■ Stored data
※ ※ ※
-- ===== src/Storage/Compaction/Merge/Bounds.antt =====
-- The ids and the number of rows that a merge answers with.
use toradb.Prelude.{
  ℕ, zero, suc, ◌+◌, ◌%◌, ◌^◌, ◌≤◌, ◌≡◌, refl, sym, ap, inl, inr, Bool, true, false, ◌&&◌, Option,
  none, some, Option-cases, List, [], ◌∷◌, ◌++◌, ltb, leb, ◌==◌, if◌then◌else◌, Text, length,
  length-append, all, arith, min, max, set, Result, ok, err, retain, ◌⊎◌,
}
use mathlib.Core.Path.{subst}
use toradb.Storage.Compaction.Merge.{
  Row, MergeSource, Merged, Attempt, went_on, failed, Turn, stay, whole, part, Disk, no_id, is_live,
  batch_min_id, batch_max_id, split_batch_at, peeked_min, read, source, turn, with_min, with_max,
  put, write_batch, write_left, write_part, delete_if_done, drain, best, next_min, merge_loop,
  merge_segments_streaming, nothing_merged, closed, run, open_all,
}
use toradb.Storage.Compaction.Merge.Batches.{kept_is_retain, batch_max_id-some}
use toradb.Storage.Compaction.Merge.Reading.{recast, Casts}

abbrev pub in_range : {D : Type 0} → ℕ → ℕ → Row D → Bool
in_range lo hi r = leb lo (r.0) && leb (r.0) hi

-- The ids of the rows are in the range, and their number is counted.
pub record Inside {D : Type 0} (w : Merged D) : Type 0 where
  pub ranged : all (in_range w.global_min w.global_max) w.out ≡ true
  pub counted : w.row_count ≡ length w.out % 2 ^ 64

module _ {D : Type 0} where
  all_widen :
      (lo hi lo' hi' : ℕ) (rs : List (Row D))
      → lo' ≤ lo
      → hi ≤ hi'
      → all (in_range lo hi) rs ≡ true
      → all (in_range lo' hi') rs ≡ true
  unfolding all
  all_widen lo hi lo' hi' [] a b h = refl
  all_widen lo hi lo' hi' (r ∷ rs) a b h = ground (arith, all_widen lo hi lo' hi' rs a b)

  all-append :
      (lo hi : ℕ) (xs ys : List (Row D))
      → all (in_range lo hi) xs ≡ true
      → all (in_range lo hi) ys ≡ true
      → all (in_range lo hi) (xs ++ ys) ≡ true
  unfolding all
  all-append lo hi [] ys a b = b
  all-append lo hi (x ∷ xs) ys a b = ground (arith, all-append lo hi xs ys)

  batch_min_id-some : (r : Row D) (rs : List (Row D)) → (m : ℕ) × (batch_min_id (r ∷ rs) ≡ some m)
  unfolding batch_min_id
  batch_min_id-some r rs = elim (Option-cases (batch_min_id rs)) [
    | inl n ↦ rw n (r.0, refl)
    | inr (m, n) ↦ rw n (min (r.0) m, refl)
  ]

  all-batch :
      (m x : ℕ) (rs : List (Row D))
      → batch_min_id rs ≡ some m
      → batch_max_id rs ≡ some x
      → all (in_range m x) rs ≡ true
  unfolding all batch_min_id batch_max_id
  all-batch m x [] a b = refl
  all-batch m x (r ∷ []) a b = ground arith
  all-batch m x (r ∷ q ∷ rs) a b =
      let (n, e) = batch_min_id-some q rs in
      let (y, k) = batch_max_id-some q rs in
      let low : min (r.0) n ≡ m = ground (arith, e) in
      let high : max (r.0) y ≡ x = ground (arith, k) in
      let rest =
        all_widen n y m x (q ∷ rs) (omega arith) (omega arith) (all-batch n y (q ∷ rs) e k) in
      ground (arith, rest, low, high)

  all-recast :
      {C : Type 0} (f : C → D) (lo hi : ℕ) (rs : List (Row C))
      → all (in_range lo hi) rs ≡ true
      → all (in_range lo hi) (recast f rs) ≡ true
  unfolding all recast
  all-recast f lo hi [] h = refl
  all-recast f lo hi (r ∷ rs) h = ground (arith, all-recast f lo hi rs)

  length-recast : {C : Type 0} (f : C → D) (rs : List (Row C)) → length (recast f rs) ≡ length rs
  unfolding recast
  length-recast f [] = refl
  length-recast f (r ∷ rs) = ap suc (length-recast f rs)

  step-Inside :
      (w : Merged D) (rows : List (Row D)) (m x : ℕ)
      → all (in_range m x) rows ≡ true
      → Inside w
      → Inside (record {
        out = w.out ++ rows;
        global_min = if ltb m w.global_min then m else w.global_min;
        global_max = if ltb w.global_max x then x else w.global_max;
        row_count = (w.row_count + length rows) % 2 ^ 64;
        removed = w.removed;
      })
  step-Inside w rows m x h i =
      let lo : ℕ = if ltb m w.global_min then m else w.global_min in
      let hi : ℕ = if ltb w.global_max x then x else w.global_max in
      let low : (lo ≤ m) × (lo ≤ w.global_min) = ground arith in
      let high : (x ≤ hi) × (w.global_max ≤ hi) = ground arith in
      record {
        ranged =
            all-append lo hi w.out rows
              (all_widen w.global_min w.global_max lo hi w.out (low.1) (high.1) i.ranged)
              (all_widen m x lo hi rows (low.0) (high.0) h);
        counted = omega (arith, i.counted, length-append w.out rows);
      }

-- What holds of a step that goes on.
abbrev pub Holds : {A : Type 0} → (A → Type 0) → Attempt A → Type 0
Holds P (went_on a) = P a
Holds P (failed e gone) = Unit {0}

-- The steps hand a failure on.
Holds-next :
    {A B : Type 0} (P : A → Type 0) (Q : B → Type 0) (a : Attempt A) (k : A → Attempt B)
    → Holds P a
    → ((x : A) → P x → Holds Q (k x))
    → Holds Q (elim a [ failed e gone ↦ failed e gone | went_on x ↦ k x ])
Holds-next P Q (went_on x) k h g = g x h
Holds-next P Q (failed e gone) k h g = h

-- The same of a run that may be out of turns.
HoldsRun : {D : Type 0} → Option (Attempt (Merged D)) → Type 0
HoldsRun none = Unit {0}
HoldsRun (some a) = Holds Inside a

HoldsRun-next :
    {A D : Type 0} (P : A → Type 0) (a : Attempt A) (k : A → Option (Attempt (Merged D)))
    → Holds P a
    → ((x : A) → P x → HoldsRun (k x))
    → HoldsRun (elim a [ failed e gone ↦ some (failed e gone) | went_on x ↦ k x ])
unfolding HoldsRun
HoldsRun-next P (went_on x) k h g = g x h
HoldsRun-next P (failed e gone) k h g = h

Turn-cases :
    {C : Type 0} (t : Turn C)
    → (t ≡ stay) ⊎ (((b : List (Row C)) × (t ≡ whole b)) ⊎ ((b : List (Row C)) × (t ≡ part b)))
Turn-cases stay = inl refl
Turn-cases (whole b) = inr (inl (b, refl))
Turn-cases (part b) = inr (inr (b, refl))

module _ {C : Type 0} {D : Type 0} (disk : Disk C D) (deleted : List ℕ) (f : C → D) where
  put-Inside :
      Casts disk f
      → (kept : List (Row C)) (w : Merged D) → Inside w
      → Holds Inside (
          if length kept == 0
          then went_on w
          else put
              (disk.cast_and_write kept)
              (record (with_max (batch_max_id kept) (with_min (batch_min_id kept) w)) {
                row_count = (w.row_count + length kept) % 2 ^ 64;
              }))
  put-Inside casts [] w i = i
  put-Inside casts (r ∷ rs) w i =
      let (m, low) = batch_min_id-some r rs in
      let (x, high) = batch_max_id-some r rs in
      let not_empty : (length (r ∷ rs) == 0) ≡ false = ground arith in
      let rows = all-recast f m x (r ∷ rs) (all-batch m x (r ∷ rs) low high) in
      rw (not_empty, casts (r ∷ rs), low, high, sym (length-recast f (r ∷ rs)))
        (step-Inside w (recast f (r ∷ rs)) m x rows i)

  write_batch-Inside :
      Casts disk f
      → (b : List (Row C)) (w : Merged D) → Inside w
      → Holds Inside (write_batch disk deleted b w)
  unfolding write_batch
  write_batch-Inside casts b w i =
      rw (kept_is_retain deleted b) (put-Inside casts (retain (is_live deleted) b) w i)

  write_left-Inside :
      Casts disk f
      → (b : Option (List (Row C))) (w : Merged D) → Inside w
      → Holds Inside (write_left disk deleted b w)
  unfolding write_left
  write_left-Inside casts none w i = i
  write_left-Inside casts (some b) w i = write_batch-Inside casts b w i

  write_part-Inside :
      Casts disk f
      → (c : ℕ) (path : Text) (b : List (Row C)) (rs : List (Result (List (Row C)))) (w : Merged D)
      → Inside w
      → Holds (λ p. Inside (p.1)) (write_part disk deleted c path b rs w)
  unfolding write_part
  write_part-Inside casts c path b rs w i =
      Holds-next Inside (λ p. Inside (p.1)) (write_left disk deleted ((split_batch_at b c).0) w)
        (λ w'. went_on (source path ((split_batch_at b c).1) rs, w'))
        (write_left-Inside casts ((split_batch_at b c).0) w i) (λ w' j. j)

  delete_if_done-Inside :
      (path : Text) (o : Option (List (Row C))) (w : Merged D)
      → Inside w
      → Inside (delete_if_done path o w)
  delete_if_done-Inside path none w i = record { ranged = i.ranged; counted = i.counted }
  delete_if_done-Inside path (some b) w i = i

  drain-Inside :
      Casts disk f
      → (c : ℕ) (path : Text) (peeked : Option (List (Row C))) (m : ℕ)
        (rs : List (Result (List (Row C)))) (w : Merged D)
      → Inside w
      → Holds (λ p. Inside (p.1)) (drain disk deleted c path peeked m rs w)
  unfolding drain
  drain-Inside casts c path peeked m [] w i = elim (Turn-cases (turn c peeked m)) [
    | inl t ↦ rw (t, drain) i
    | inr (inl (b, t)) ↦
        let w0 = delete_if_done {C = C} path none w in
        rw (t, drain)
          (Holds-next Inside (λ p. Inside (p.1)) (write_batch disk deleted b w0)
            (λ w'. went_on (source path none [], w'))
            (write_batch-Inside casts b w0 (delete_if_done-Inside path none w i)) (λ w' j. j))
    | inr (inr (b, t)) ↦ rw (t, drain) (write_part-Inside casts c path b [] w i)
  ]
  drain-Inside casts c path peeked m (r ∷ rs) w i = elim (Turn-cases (turn c peeked m)) [
    | inl t ↦ rw (t, drain) i
    | inr (inl (b, t)) ↦
        let w0 = delete_if_done path (read r) w in
        rw (t, drain)
          (Holds-next Inside (λ p. Inside (p.1)) (write_batch disk deleted b w0)
            (λ w'. drain disk deleted c path (read r) (peeked_min (read r)) rs w')
            (write_batch-Inside casts b w0 (delete_if_done-Inside path (read r) w i))
            (λ w' j. drain-Inside casts c path (read r) (peeked_min (read r)) rs w' j))
    | inr (inr (b, t)) ↦ rw (t, drain) (write_part-Inside casts c path b (r ∷ rs) w i)
  ]

  merge_loop-Inside :
      Casts disk f
      → (fuel : ℕ) (ss : List (MergeSource C)) (w : Merged D) → Inside w
      → HoldsRun (merge_loop disk deleted fuel ss w)
  unfolding merge_loop HoldsRun
  merge_loop-Inside casts zero ss w i = tt
  merge_loop-Inside casts (suc fuel) ss w i = elim (Option-cases (best ss)) [
    | inl e ↦ rw (e, merge_loop) i
    | inr ((j, s), e) ↦
        rw (e, merge_loop)
          (HoldsRun-next (λ p. Inside (p.1))
            (drain disk deleted (next_min j ss) s.path s.peeked s.min_id s.reader w)
            (λ p. merge_loop disk deleted fuel (set ss j (p.0)) (p.1))
            (drain-Inside casts (next_min j ss) s.path s.peeked s.min_id s.reader w i)
            (λ p k. merge_loop-Inside casts fuel (set ss j (p.0)) (p.1) k))
  ]

  closed-Inside : (a : Attempt (Merged D)) → Holds Inside a → Holds Inside (closed disk deleted a)
  closed-Inside (failed e gone) h = h
  closed-Inside (went_on w) h = elim (Option-cases disk.close) [
    | inr (e, c) ↦ rw c tt
    | inl c ↦
        let lo : ℕ = if w.global_min == no_id then 0 else w.global_min in
        rw c (record {
          ranged =
              all_widen w.global_min w.global_max lo w.global_max w.out (ground arith) (omega arith)
                h.ranged;
          counted = h.counted;
        })
  ]

  closed_run :
      (r : Option (Attempt (Merged D)))
      → HoldsRun r
      → HoldsRun (elim r [ none ↦ none | some a ↦ some (closed disk deleted a) ])
  unfolding HoldsRun
  closed_run none h = h
  closed_run (some a) h = closed-Inside a h

  run-Inside :
      Casts disk f
      → (fuel : ℕ) (r : Result (List (MergeSource C))) → HoldsRun (run disk deleted fuel r)
  unfolding run HoldsRun all
  run-Inside casts fuel (err e) = tt
  run-Inside casts fuel (ok ss) = elim (Option-cases disk.create) [
    | inr (e, c) ↦ rw (c, run) tt
    | inl c ↦
        let w = nothing_merged disk deleted in
        rw (c, run)
          (closed_run (merge_loop disk deleted fuel ss w)
            (merge_loop-Inside casts fuel ss w (record { ranged = refl; counted = omega arith })))
  ]

  -- Where the cast works row by row and does not fail: when a merge is done, whatever its sources,
  -- the ids of the new segment are in the range that is answered, and the number of its rows, as a
  -- 64-bit number, is the one that is answered.
  pub merge_segments_streaming-Inside :
      Casts disk f
      → (fuel : ℕ) (ps : List Text) (w : Merged D)
      → merge_segments_streaming disk deleted fuel ps ≡ some (went_on w)
      → Inside w
  unfolding merge_segments_streaming HoldsRun
  merge_segments_streaming-Inside casts fuel [] w e = absurd (ground arith)
  merge_segments_streaming-Inside casts fuel (p ∷ ps) w e =
      subst (λ (r : Option (Attempt (Merged D))). HoldsRun r) e
        (run-Inside casts fuel (open_all disk deleted (p ∷ ps)))
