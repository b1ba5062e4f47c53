-- ===== src/Storage/Compaction/Merge/Writing.antt =====
-- A batch, or its part below a cutoff, goes to the new segment.
use toradb.Prelude.{
  ℕ, zero, suc, ◌+◌, ◌%◌, ◌^◌, ◌<◌, ◌≡◌, refl, sym, ap, ◌∙◌, inl, inr, false, Option, none, some,
  List, [], ◌∷◌, ◌++◌, append-nil, ◌==◌, ◌⊎◌, if◌then◌else◌, Text, length, take, drop, retain,
  arith, Result,
}
use toradb.Storage.Compaction.Merge.{
  Row, MergeSource, Merged, Attempt, went_on, failed, Disk, is_live, batch_min_id, batch_max_id,
  split_pos, split_batch_at, source, with_min, with_max, put, write_batch, write_left, write_part,
  delete_if_done,
}
use toradb.Storage.Compaction.Merge.Batches.{kept_is_retain}
use toradb.Storage.Compaction.Merge.Reading.{recast, live_rows, Casts}

module _ {C : Type 0} {D : Type 0} (disk : Disk C D) (deleted : List ℕ) (f : C → D) where
  out-counted : (a b : Option ℕ) (w : Merged D) → (with_max a (with_min b w)).out ≡ w.out
  out-counted none none w = refl
  out-counted none (some n) w = refl
  out-counted (some m) none w = refl
  out-counted (some m) (some n) w = refl

  put_kept :
      Casts disk f
      → (kept : List (Row C)) (w counted : Merged D) → counted.out ≡ w.out
      → (w' : Merged D) × ((if length kept == 0
            then went_on w
            else put (disk.cast_and_write kept) counted)
          ≡ went_on w')
        × (w'.out ≡ w.out ++ recast f kept)
  unfolding Casts recast
  put_kept casts [] w counted e = (w, refl, sym (append-nil w.out))
  put_kept casts (r ∷ rs) w counted e =
      let some_rows : (length (r ∷ rs) == 0) ≡ false = ground arith in
      rw some_rows (
        record counted { out = counted.out ++ recast f (r ∷ rs) },
        ap (λ (a : Result (List (Row D))). put a counted) (casts (r ∷ rs)),
        ap (λ (o : List (Row D)). o ++ recast f (r ∷ rs)) e,
      )

  pub write_batch_lem :
      Casts disk f
      → (b : List (Row C)) (w : Merged D)
      → (w' : Merged D) × (write_batch disk deleted b w ≡ went_on w')
        × (w'.out ≡ w.out ++ live_rows deleted f b)
  unfolding write_batch
  write_batch_lem casts b w =
      let kept = retain (is_live deleted) b in
      let counted = with_max (batch_max_id kept) (with_min (batch_min_id kept) w) in
      rw (kept_is_retain deleted b) (
        put_kept casts kept w (record counted { row_count = (w.row_count + length kept) % 2 ^ 64 })
          (out-counted (batch_max_id kept) (batch_min_id kept) w))

split_at :
    {C : Type 0} (p : ℕ) (b : List (Row C))
    → p < length b
    → let cut : Option (List (Row C)) × Option (List (Row C)) =
        if p == 0
        then (none, some b)
        else (if p == length b then (some b, none) else (some (take p b), some (drop p b))) in
      ((cut ≡ (none, some (drop p b))) × (take p b ≡ []))
      ⊎ (cut ≡ (some (take p b), some (drop p b)))
split_at zero b h = inl (refl, refl)
split_at (suc p) b h =
    let not_first : (suc p == 0) ≡ false = ground arith in
    let not_last : (suc p == length b) ≡ false = ground arith in inr (rw (not_first, not_last))

split_batch_at_lem :
    {C : Type 0} (b : List (Row C)) (c : ℕ)
    → let p = split_pos b c in
      p < length b
      → ((split_batch_at b c ≡ (none, some (drop p b))) × (take p b ≡ []))
        ⊎ (split_batch_at b c ≡ (some (take p b), some (drop p b)))
unfolding split_batch_at
split_batch_at_lem b c h = split_at (split_pos b c) b h

module _ {C : Type 0} {D : Type 0} (disk : Disk C D) (deleted : List ℕ) (f : C → D) where
  part_written :
      Text
      → List (Result (List (Row C)))
      → Merged D
      → Option (List (Row C)) × Option (List (Row C))
      → Attempt (MergeSource C × Merged D)
  unfolding write_left
  part_written path rs w cut = elim (write_left disk deleted (cut.0) w) [
    | failed e gone ↦ failed e gone
    | went_on w' ↦ went_on (source path (cut.1) rs, w')
  ]

  pub write_part_lem :
      Casts disk f
      → (c : ℕ) (path : Text) (b : List (Row C)) (rs : List (Result (List (Row C)))) (w : Merged D)
      → split_pos b c < length b
      → (w' : Merged D) × (write_part disk deleted c path b rs w
          ≡ went_on (source path (some (drop (split_pos b c) b)) rs, w'))
        × (w'.out ≡ w.out ++ live_rows deleted f (take (split_pos b c) b))
  unfolding write_part write_left part_written recast retain
  write_part_lem casts c path b rs w found = elim (split_batch_at_lem b c found) [
    | inl (e, nothing) ↦
        (w, ap (part_written path rs w) e, rw (nothing, live_rows) (sym (append-nil w.out)))
    | inr e ↦
        let (w', wrote, out) = write_batch_lem disk deleted f casts (take (split_pos b c) b) w in
        (w', ap (part_written path rs w) e ∙ rw (wrote, part_written), out)
  ]

  pub out-delete_if_done :
      (path : Text) (o : Option (List (Row C))) (w : Merged D)
      → (delete_if_done path o w).out ≡ w.out
  out-delete_if_done path none w = refl
  out-delete_if_done path (some b) w = refl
※ ※ ※
■ WHAT YOU NEED TO DO
Search the entries for "whole" and copy each matching line.

■ YOUR RESPONSE
  Row, MergeSource, Merged, Attempt, went_on, failed, Turn, stay, whole, part, Disk, no_id, is_live,
    → (t ≡ stay) ⊎ (((b : List (Row C)) × (t ≡ whole b)) ⊎ ((b : List (Row C)) × (t ≡ part b)))
Turn-cases (whole b) = inr (inl (b, refl))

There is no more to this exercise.